Variations sur la prime

Par Jean-Paul Piérot

De l'escapade ardennaise du président de la République, le monde du travail peut tirer un enseignement utile : il y a toutes les raisons pour les travailleurs et leurs organisations syndicales d'engager le combat pour des augmentations de salaires. Nicolas Sarkozy reconnaît aujourd'hui que la situation des entreprises s'est globalement améliorée et va même jusqu'à suggérer que, sur les 86 milliards versés aux actionnaires, une partie pourrait être attribuée aux salariés. Ce langage est apparemment en rupture avec le discours alarmiste entretenu jusqu'à présent pour tenter de justifier l'austérité.

Nicolas Sarkozy fait feu de tout bois. Il y a péril au château, les clignotants restent bloqués au rouge, le cours présidentiel est au plus bas et l'on note dans la Cour murmures et défections. Cela impose quelques ajustements dans la communication. Le président des riches, le fondé de pouvoir du Medef, tente donc de modifier son image. Mr Hyde enfile la redingote du Dr Jekyll. Et voudrait tant rejouer à l'opinion publique le bon tour qui a si bien fonctionné en 2007.

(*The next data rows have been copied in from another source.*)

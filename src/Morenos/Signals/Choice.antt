-- ===== src/Morenos/Signals/Choice.antt =====
-- Which signal a query gets, and when there is a pair at all.
use radar_software.Prelude.{
  ℕ, ◌+◌, ◌-◌, ◌*◌, ◌≤◌, ◌<◌, ◌≡◌, Bool, true, false, arith, u32_mod, Returns,
}
use radar_software.Double.{Double}
use radar_software.Morenos.Settings.{frequency_factor}
use radar_software.Morenos.Query.{
  QueryType, search_query, confirm, capture, tracking, signal_change, tech_control, drop,
}
use radar_software.Morenos.ScanPair.{range_delay}
use radar_software.Morenos.Signals.{
  SignalType, get_signal_code, signal_tbl, pulse_train_length, build_scan_pair, scan_duration,
}
use radar_software.Morenos.Signals.Total.{IsPair, signal_tbl_pulses, create_scan_pair-IsPair}

-- The query types that a signal is chosen for.
abbrev pub emits : QueryType → Bool
emits signal_change = false
emits tech_control = false
emits drop = false
emits _ = true

-- The signal chosen for a search, confirm, capture or tracking query is long enough: its duration
-- times the number of pulses of its train is at least the wanted duration, for durations of which
-- the number of pulses is in 32 bits.
pub get_signal_code_covers :
    (tau_nsec : ℕ) (type : QueryType)
    → emits type ≡ true
    → tau_nsec < 240000 * (u32_mod - 1)
    → tau_nsec ≤ (signal_tbl (get_signal_code tau_nsec type)).duration * pulse_train_length tau_nsec
unfolding get_signal_code signal_tbl
get_signal_code_covers tau_nsec search_query e h = ground arith
get_signal_code_covers tau_nsec confirm e h = ground arith
get_signal_code_covers tau_nsec capture e h = ground arith
get_signal_code_covers tau_nsec tracking e h = ground arith
get_signal_code_covers tau_nsec signal_change e h = cc
get_signal_code_covers tau_nsec tech_control e h = cc
get_signal_code_covers tau_nsec drop e h = cc

-- Where the computed duration is positive, `build_scan_pair` makes a scan pair, for a range whose
-- delay is in 32 bits with room for rounding.
pub build_scan_pair-IsPair :
    (double : Double) (range rcs : double.D) (type : QueryType)
    → range_delay double range + frequency_factor < u32_mod
    → double.lt (double.decimal 0 0) (scan_duration double range rcs) ≡ true
    → Returns (build_scan_pair double range rcs type) IsPair
unfolding build_scan_pair
build_scan_pair-IsPair double range rcs type h positive =
    rw positive
      (create_scan_pair-IsPair double (signal_tbl code) tau_nsec range h (signal_tbl_pulses code))
  where
    tau_nsec : ℕ
    tau_nsec =
        double.to_u64 (double.mul (scan_duration double range rcs) (double.decimal 1000000000 0))

    code : SignalType
    code = get_signal_code tau_nsec type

Le pari est osé. Toute la politique qu'il a menée depuis les premières heures qui suivirent son élection, fêtée au Fouquet's, souligne la gravité de l'imposture. Le discours qu'il prononça à Charleville en décembre 2006 est un monument dans l'histoire de la démagogie et il est difficile d'imaginer que les salariés appauvris et précarisés des Ardennes comme des autres régions françaises aient perdu la mémoire au point d'oublier qu'ils ont été bernés par celui-là même qui est venu hier agiter le hochet de la prime.

Cette fameuse prime, annoncée dans un premier temps d'une valeur de 1000 euros, serait obligatoirement versée aux salariés des entreprises qui accordent des dividendes aux actionnaires. Puis on n'évoqua plus le montant, et Christine Lagarde démentit son caractère obligatoire. Enfin, Nicolas Sarkozy a précisé hier que n'étaient concernées que les entreprises ayant versé des dividendes « en forte progression ». Si cadeaux il y a, ce sera donc pour les entreprises, qui se verront exonérées de cotisations pour les primes que les patrons voudront bien octroyer à leurs salariés. Nicolas Sarkozy lui-même a donné ces précisions lors de sa visite à La Fonte ardennaise, vidée de ses salariés. Ainsi s'achève une piètre mystification.

Le pouvoir cherchait un effet d'agitation médiatique. Celui-ci a fonctionné brièvement. Nous eûmes même droit à une fausse controverse avec Laurence Parisot, qui vint dans les studios de France Inter affirmer avec un aplomb déconcertant que la répartition des richesses était « juste » dans notre pays. Beaucoup de bruit pour rien au moment où le gouvernement annonçait beaucoup plus sérieusement une nouvelle année de salaires gelés pour des millions de travailleurs de la fonction publique. Le monde du travail retirera de cette variation sur la prime qu'une plus juste répartition des richesses passe par des augmentations de salaires. Cela vaut la peine de lutter.